Two key features of specific immunity are (1) that defense is "engineered" to attack and destroy a par­ticular bacterium or agent and (2) that responses have an aspect of memory. While it is convenient to discuss cellular immunity, that is, the actions of lym­phocytes (T cells, B cells), macrophages, neutro­phils, and dendritic cells as independent of humoral immunity (production and circulation of antibodies), it is important to appreciate that functions occur in concert. In other words, the effectiveness of either depends on the other.

Antibodies

There are multiple classes of antibodies (IgA, IgG, etc.), but these immunoglobulins are produced and secreted by B cells that have been stimulated by anti­gens in connection with other lymphocytes (T cells or macrophages) to first divide and produce daugh­ter cells. Some of these daughter cells azre further stimulated to differentiate into plasma cells. The plasma cells are essentially miniature antibody-making fac­tories. This explains the increase in antibodies in cir­culation in the days and weeks following exposure to a foreign antigen. An antigen, by the way, is a protein, polysaccharide, or other molecule that is capable of eliciting the proliferation of B lympho­cytes and the differentiation to create plasma cells. Some of the B cells that were initially stimulated (the population of daughter cells) can subsequently divide and produce clones of cells, but these clones retain the capacity to very rapidly respond if they are exposed to the same antigen a second time.

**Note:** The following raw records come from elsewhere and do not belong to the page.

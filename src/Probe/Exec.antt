-- ===== src/Probe/Exec.antt =====
-- The smoke tests of programs that the PS puts in place itself (hw_bringup/ps_uart_probe_cpu.c): in DDR, and
-- in instruction memory.
use zynq_cpu.Base.{
  ℕ, ◌+◌, ◌-◌, ◌*◌, Store, update, ltb, ◌==◌, if◌then◌else◌, Bool, true, false, List, [], ◌∷◌, ◌++◌,
  length,
}
use zynq_cpu.Mailbox.{mail_status}
use zynq_cpu.Loader.{imem_base}
use zynq_cpu.Boot.Words.{cpu_ctrl, reset_vector, write_all, count_errors}
use zynq_cpu.Probe.Registers.Mail.{ddr_exec_pc, ddr_exec_marker, ddr_exec_count}
use zynq_cpu.Probe.{
  Bench, Want, is, or_fail, for_load_test, zeros_at, words_at, nothing_else, run_started,
  run_written,
}
use zynq_cpu.Probe.Cpu.{cpu_addr, high_exec_cpu_addr, high_exec_ps_addr}

abbrev pub ddr_exec_words : ℕ
ddr_exec_words = 64

-- The writes that set a program in DDR off.
abbrev pub exec_writes : ℕ → List (ℕ × ℕ)
exec_writes entry =
    (cpu_ctrl, 1)
    ∷ (ddr_exec_pc, 0)
    ∷ (ddr_exec_marker, 0)
    ∷ (ddr_exec_count, 0)
    ∷ (mail_status, 0)
    ∷ (reset_vector, entry)
    ∷ (cpu_ctrl, 0)
    ∷ []

abbrev pub exec_wants : ℕ → List (ℕ × Want)
exec_wants entry =
    (ddr_exec_pc, is entry) ∷ (ddr_exec_marker, is 0xA5A55A5A) ∷ (ddr_exec_count, is 16) ∷ []

module _ {D : Type 0} (b : Bench D) where
  unfoldable pub run_cpu_ddr_exec_smoke_test : ℕ → List ℕ → Store → Bool × Store
  run_cpu_ddr_exec_smoke_test exec program m =
      if ltb ddr_exec_words (length program)
      then (false, m)
      else run_written b
          (zeros_at exec ddr_exec_words ++ (words_at exec program ++ exec_writes (cpu_addr exec)))
          (or_fail []) (exec_wants (cpu_addr exec)) m

  -- The words behind the program, up to 64, are cleared.
  unfoldable pub run_cpu_ddr_high_exec_smoke_test : List ℕ → Store → Bool × Store
  run_cpu_ddr_high_exec_smoke_test program m =
      run_written b
        (words_at high_exec_ps_addr program
          ++ (zeros_at (high_exec_ps_addr + length program * 4) (ddr_exec_words - length program)
              ++ exec_writes high_exec_cpu_addr))
        (or_fail []) (exec_wants high_exec_cpu_addr) m

  -- The second part, with the program of the copy instruction.
  unfoldable pub run_copy_check : List ℕ → Bool × Store → Bool × Store
  run_copy_check program (false, m) = (false, m)
  run_copy_check program (true, m) =
      run_written b
        ((cpu_ctrl, 1)
          ∷ (mail_status, 0)
          ∷ (words_at imem_base program
              ++ ((imem_base + 16 * 4, 0x12345678) ∷ (imem_base + 17 * 4, 0) ∷ (cpu_ctrl, 0) ∷ [])))
        for_load_test ((imem_base + 17 * 4, is 0x12345678) ∷ []) m

  unfoldable pub run_cpu_bram_load_test : List ℕ → List ℕ → Store → Bool × Store
  run_cpu_bram_load_test program copy_program m =
      let m1 = write_all ((cpu_ctrl, 1) ∷ (mail_status, 0) ∷ words_at imem_base program) m in
      let errors = count_errors program 0 m1 0 in
      run_copy_check copy_program
        (run_started b for_load_test (errors == 0) [] nothing_else (update cpu_ctrl 0 m1))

Leukocytes, lymphocytes, and others

The distinction between all of the various white blood cells can be confusing, but to understand the basics of immunity, it is important to have some appreciation of these various cells. Lymphocytes are divided into two broad classes: T cells and B cells. In mammals, the T cells get their name because during development, the initial population of T cells is pro­duced in the thymus. Because of subsequent stimula­tion and migration, these cells further differentiate to become helper T cells (T_h), killer or cytotoxic T cells (T_C), or suppressor T cells (T_s). Each of these classes of T cells is identified based on the array of surface markers that they express. As the names suggest, T_c cells with proper stimulation are capable of destroy­ing other cells, that is, cells infected by a virus. The T_h cells act by assisting or helping the actions of B cells to differentiate or other T cells to become acti­vated. The T_s cells function as regulators to prevent excessive immunity responses. B lymphocytes (B cells) originally got their name because they were identified in lymphoid tissue called the bursa of Fabricius, which is located near the cloaca of chick­ens. These are the cells that give rise to other B cells with "memory" as well as the plasma cells that syn­thesize and secrete immunoglobulins.

Cytokines

Control and regulation of most immune responses depends on the secretion of powerful hormone-like molecules or messengers collectively called cyto­kines or immunokines. These proteins are typically secreted by the various leukocytes. Their targets are typically other lymphocytes and related cells (macro­phages, dendritic cells, neutrophils). Examples include an entire suite of 36 different interleukins, interfer­ons, TNF-α, and many others.

Passive immunity

This refers to the protection that is provided by the administration of antibodies to a patient or more often the passage of antibodies from mother to off­spring in utero (depending on the type of placenta­tion). For example, in ruminants there is no in utero transfer of immunoglobulins so antibodies received from the sucking or feeding of colostrum is essential to provide some immunity until the calf, kid, or lamb can begin to generate its own specific immunity.

Lymphatic system

This is a system of thin vessels and interconnected series of lymph nodes and related organs, such as spleen, tonsils, thymus, Iacteals, and nodules, which provide a pass for interstitial fluid to return to the general circulation in the form of lymph that empties at the thoracic duct. The lymph nodes and related organs provide sites for the proliferation and con­centration of lymphocytes that can ultimately be recruited to enter the circulation or tissue regions in response to inflammation.

Review questions and answers are available 3 online.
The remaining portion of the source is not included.